Solid spring bars right there... :thumbsup:


----------



## relaxer7 (Feb 18, 2016)

That grease must be from the 60's at least!


----------



## PC-Magician (Apr 29, 2013)

Nice find Andy. :yes:

He had an interest which would have been common to you both now that must give you a nice feeling.


----------



## Iceblue (Sep 4, 2013)

PC-Magician said:


> Nice find Andy. :yes:
> 
> He had an interest which would have been common to you both now that must give you a nice feeling.


 It's a great feeling


----------



## jsud2002 (Nov 7, 2015)

Its like a barn find of an auto mobile I bet you are buzzing inside. Welll done :thumbsup:


----------



## Roger the Dodger (Oct 5, 2009)

Nice find, Andy....and of great sentimental value too. I hope you put them to good use. :thumbsup:


----------



## Iceblue (Sep 4, 2013)

jsud2002 said:


> Its like a barn find of an auto mobile I bet you are buzzing inside. Welll done :thumbsup:


 Make feel abit connected again to someone I thought the world off



Roger the Dodger said:


> Nice find, Andy....and of great sentimental value too.

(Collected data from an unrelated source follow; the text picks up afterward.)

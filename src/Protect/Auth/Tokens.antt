-- ===== src/Protect/Auth/Tokens.antt =====
-- API tokens decide alone: a request that presents one never falls back.
use selenwright.Prelude.{
  ℕ, ◌≡◌, ◌≢◌, subst, Bool, List, Option, none, some, Str, elem, Result, ok, err, arith,
  Option-cases, inl, inr,
}
use selenwright.Protect.Access.{Identity}
use selenwright.Protect.Token.{
  Crypto, TokenStore, Found, touch_last_used, lookup_token, revoke_by_owner,
}
use selenwright.Protect.Token.Index.{IsIndexed}
use selenwright.Protect.Token.Revoking.{lookup_token-revoke_by_owner}
use selenwright.Protect.Request.{Request}
use selenwright.Protect.Htpasswd.{AuthError, auth_failed}
use selenwright.Protect.Auth.{Authenticator, Stores, token_aware, presented, authenticate}

module _ (c : Crypto) (look : TokenStore → Str → Option Found) (now : ℕ) where
  -- Whatever the wrapped authenticator would say: a presented token that the store does not know
  -- fails the request, and one that it knows gives its owner's identity, an admin's exactly if the
  -- owner is one of the admins, and is noted as used.
  authenticate-presented :
      (admins : List Str) (allowed : Option (Str → Bool)) (fallback : Authenticator) (r : Request)
      (w : Stores) (tok : Str)
      → presented allowed r ≡ some tok
      → authenticate c look now (token_aware admins allowed fallback) r w
        ≡ (elim (look w.tokens tok) as (λ f. Stores × Result AuthError Identity) [
          | none ↦ (w, err auth_failed)
          | some f ↦ (
            record w { tokens = touch_last_used now f.id w.tokens },
            ok (record { user = f.owner; is_admin = elem f.owner admins; groups = f.groups }),
          )
        ])
  unfolding authenticate
  authenticate-presented admins allowed fallback r w tok p =
      elim (Option-cases (look w.tokens tok)) [
        | inl unknown ↦ ground (arith, p)
        | inr (f, known) ↦ ground (arith, p, known)
      ]

-- What Lookup finds; it is never out of range in a store whose index is in step.
abbrev pub find_token : Crypto → ℕ → TokenStore → Str → Option Found
find_token c now s tok = elim (lookup_token c now tok s) [ none ↦ none | some found ↦ found ]

-- After RevokeByOwner on a store with its index in step, whether or not its write succeeds: a request
-- that presents a token is authenticated, if at all, as someone else than that owner, whatever
-- password or login session it brings along for the authenticator behind the tokens.
pub revoke_by_owner-authenticate :
    (c : Crypto) (now : ℕ) (admins : List Str) (allowed : Option (Str → Bool))
    (fallback : Authenticator) (r : Request) (written : Bool) (owner tok : Str) (w w' : Stores)
    (id : Identity)
    → IsIndexed w.tokens
    → presented allowed r ≡ some tok
    → authenticate c
        (find_token c now)
        now
        (token_aware admins allowed fallback)
        r
        (record w { tokens = (revoke_by_owner written owner w.tokens).0 })
      ≡ (w', ok id)
    → id.user ≢ owner
revoke_by_owner-authenticate c now admins allowed fallback r written owner tok w w' id indexed p e =
    let revoked = (revoke_by_owner written owner w.tokens).0 in
    let shown =
      authenticate-presented c (find_token c now) now admins allowed fallback r
        (record w { tokens = revoked }) tok p in
    elim (Option-cases (lookup_token c now tok revoked)) [
      | inl broken ↦ absurd (ground (arith, e, shown, broken))
      | inr (found, looked) ↦ elim (Option-cases found) [
        | inl unknown ↦ absurd (ground (arith, e, shown, looked, unknown))
        | inr (f, known) ↦
            let user : f.owner ≡ id.user = ground (arith, e, shown, looked, known) in
            subst (λ u. u ≢ owner) user
              (lookup_token-revoke_by_owner c now tok written owner w.tokens f indexed
                (ground (arith, looked, known)))
      ]
    ]
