-- ===== src/Protect/Htpasswd/Parsing.antt =====
-- What a password file that is accepted looks like.
use selenwright.Prelude.{
  ℕ, suc, ◌≡◌, ◌≢◌, refl, Bool, true, false, List, [], ◌∷◌, none, some, Str, StrMap, lit, ◌==◌,
  ==_iff, lookup, insert, lookup-insert, is_empty, take, drop, trim_space, has_prefix, ok, arith,
  inl, inr, Bool-cases, Option-cases, Result-cases, ◌⊎◌, sym, zero, eqb, ◌||◌, subst, KeysNodup,
  insert-KeysNodup,
}
use selenwright.Protect.Htpasswd.{
  index_byte, is_bcrypt_hash, parse_line, parse_lines, parse_htpasswd,
}

-- Every user has a name without a colon that is not empty, and a bcrypt hash.
abbrev pub WellFormed : StrMap Str → Type 0
WellFormed m =
    (user hash : Str)
    → lookup user m ≡ some hash
    → (user ≢ []) × (index_byte b':' user ≡ none) × (is_bcrypt_hash hash ≡ true)

index_byte-take :
    (b : ℕ) (s : Str) (i : ℕ) → index_byte b s ≡ some i → index_byte b (take i s) ≡ none
unfolding index_byte
index_byte-take b [] i e = cc
index_byte-take b (c ∷ s) i e = elim (Bool-cases (eqb c b)) [
  | inl here ↦
      let first : 0 ≡ i = ground arith in
      subst (λ j. index_byte b (take j (c ∷ s)) ≡ none) first refl
  | inr later ↦ elim (Option-cases (index_byte b s)) [
    | inl absent ↦ absurd (ground arith)
    | inr (j, found) ↦
        let next : suc j ≡ i = ground arith in
        subst (λ k. index_byte b (take k (c ∷ s)) ≡ none) next
          (ground (arith, index_byte-take b s j found))
  ]
]

take-ne-nil : (n : ℕ) (s : Str) → n ≢ 0 → is_empty s ≡ false → take n s ≢ []
take-ne-nil zero s n e h = n refl
take-ne-nil (suc k) [] n e h = cc
take-ne-nil (suc k) (c ∷ s) n e h = cc

-- What an accepted line adds.
record Adds (entries entries' : StrMap Str) : Type 0 where
  user : Str
  hash : Str
  added : entries' ≡ insert user hash entries
  named : user ≢ []
  no_colon : index_byte b':' user ≡ none
  is_bcrypt : is_bcrypt_hash hash ≡ true

parse_line-Adds :
    (line : Str) (entries entries' : StrMap Str)
    → parse_line line entries ≡ ok entries'
    → (entries' ≡ entries) ⊎ Adds entries entries'
unfolding parse_line
parse_line-Adds line entries entries' e =
    elim (Bool-cases (is_empty line || has_prefix line (lit "#"))) [
      | inl skipped ↦ inl (ground arith)
      | inr read ↦ elim (Option-cases (index_byte b':' line)) [
        | inl absent ↦ absurd (ground arith)
        | inr (colon, found) ↦ inr (record {
          user = take colon line;
          hash = drop (suc colon) line;
          added = ground arith;
          named = take-ne-nil colon line (ground arith) (ground arith);
          no_colon = index_byte-take b':' line colon found;
          is_bcrypt = ground arith;
        })
      ]
    ]

Adds-WellFormed :
    (entries entries' : StrMap Str)
    → Adds entries entries'
    → WellFormed entries
    → WellFormed entries'
Adds-WellFormed entries entries' a w user hash found = elim (Bool-cases (a.user == user)) [
  | inl same ↦
      let u : a.user ≡ user = (==_iff _ _).0 same in
      let h : a.hash ≡ hash =
        ground (arith, a.added, lookup-insert a.user user a.hash entries, found, same) in
      (
        subst (λ x. x ≢ []) u a.named,
        subst (λ x. index_byte b':' x ≡ none) u a.no_colon,
        subst (λ x. is_bcrypt_hash x ≡ true) h a.is_bcrypt,
      )
  | inr other ↦
      w user hash (ground (arith, a.added, lookup-insert a.user user a.hash entries, found, other))
]

Adds-KeysNodup :
    (entries entries' : StrMap Str) → Adds entries entries' → KeysNodup entries → KeysNodup entries'
Adds-KeysNodup entries entries' a n =
    subst KeysNodup (sym a.added) (insert-KeysNodup a.user a.hash entries n)

parse_lines_lem :
    (lines : List Str) (entries m : StrMap Str)
    → WellFormed entries
    → KeysNodup entries
    → parse_lines lines entries ≡ ok m
    → WellFormed m × KeysNodup m
unfolding parse_lines
parse_lines_lem [] entries m w n e =
    let h : entries ≡ m = ground arith in (subst WellFormed h w, subst (KeysNodup {V = Str}) h n)
parse_lines_lem (l ∷ ls) entries m w n e = elim (Result-cases (parse_line (trim_space l) entries)) [
  | inl (x, failed) ↦ absurd (ground arith)
  | inr (entries', read) ↦ elim (parse_line-Adds (trim_space l) entries entries' read) [
    | inl same ↦ parse_lines_lem ls entries m w n (ground arith)
    | inr a ↦
        parse_lines_lem ls entries' m (Adds-WellFormed entries entries' a w)
          (Adds-KeysNodup entries entries' a n) (ground arith)
  ]
]

nothing : WellFormed []
unfolding lookup
nothing user hash found = absurd (ground arith)

-- A password file that is accepted gives each user once, with a name that is not empty and has no
-- colon and a hash in one of the bcrypt formats; and it gives at least one user.
pub parse_htpasswd_lem :
    (lines : List Str) (scanned : Bool) (m : StrMap Str)
    → parse_htpasswd lines scanned ≡ ok m
    → WellFormed m × KeysNodup m × (is_empty m ≡ false)
unfolding parse_htpasswd
parse_htpasswd_lem lines scanned m e = elim (Result-cases (parse_lines lines [])) [
  | inl (x, failed) ↦ absurd (ground arith)
  | inr (m', read) ↦
      let h : m' ≡ m = ground arith in
      let (w, n) = parse_lines_lem lines [] m' nothing tt read in
      (subst WellFormed h w, subst (KeysNodup {V = Str}) h n, ground arith)
]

I hope you put them to good use. :thumbsup:


 Cheers buddy they will defo give me a push to use them I had given up on tinkering with watches but it's given me a new push to carry on


----------



## sparrow (Feb 7, 2009)

Strange what you find when clearing a house, when I helped my parents clear out my grans place, we discovered two large blades used to amputate my great uncle's leg - the things people keep! :blind:


----------



## Always"watching" (Sep 21, 2013)

My dear Iceblue, that is very touching and I do empathise with you. I notice that the oil bottle has the N.W.1. suffix to the address which presumably dates it to the vintage watch period.


----------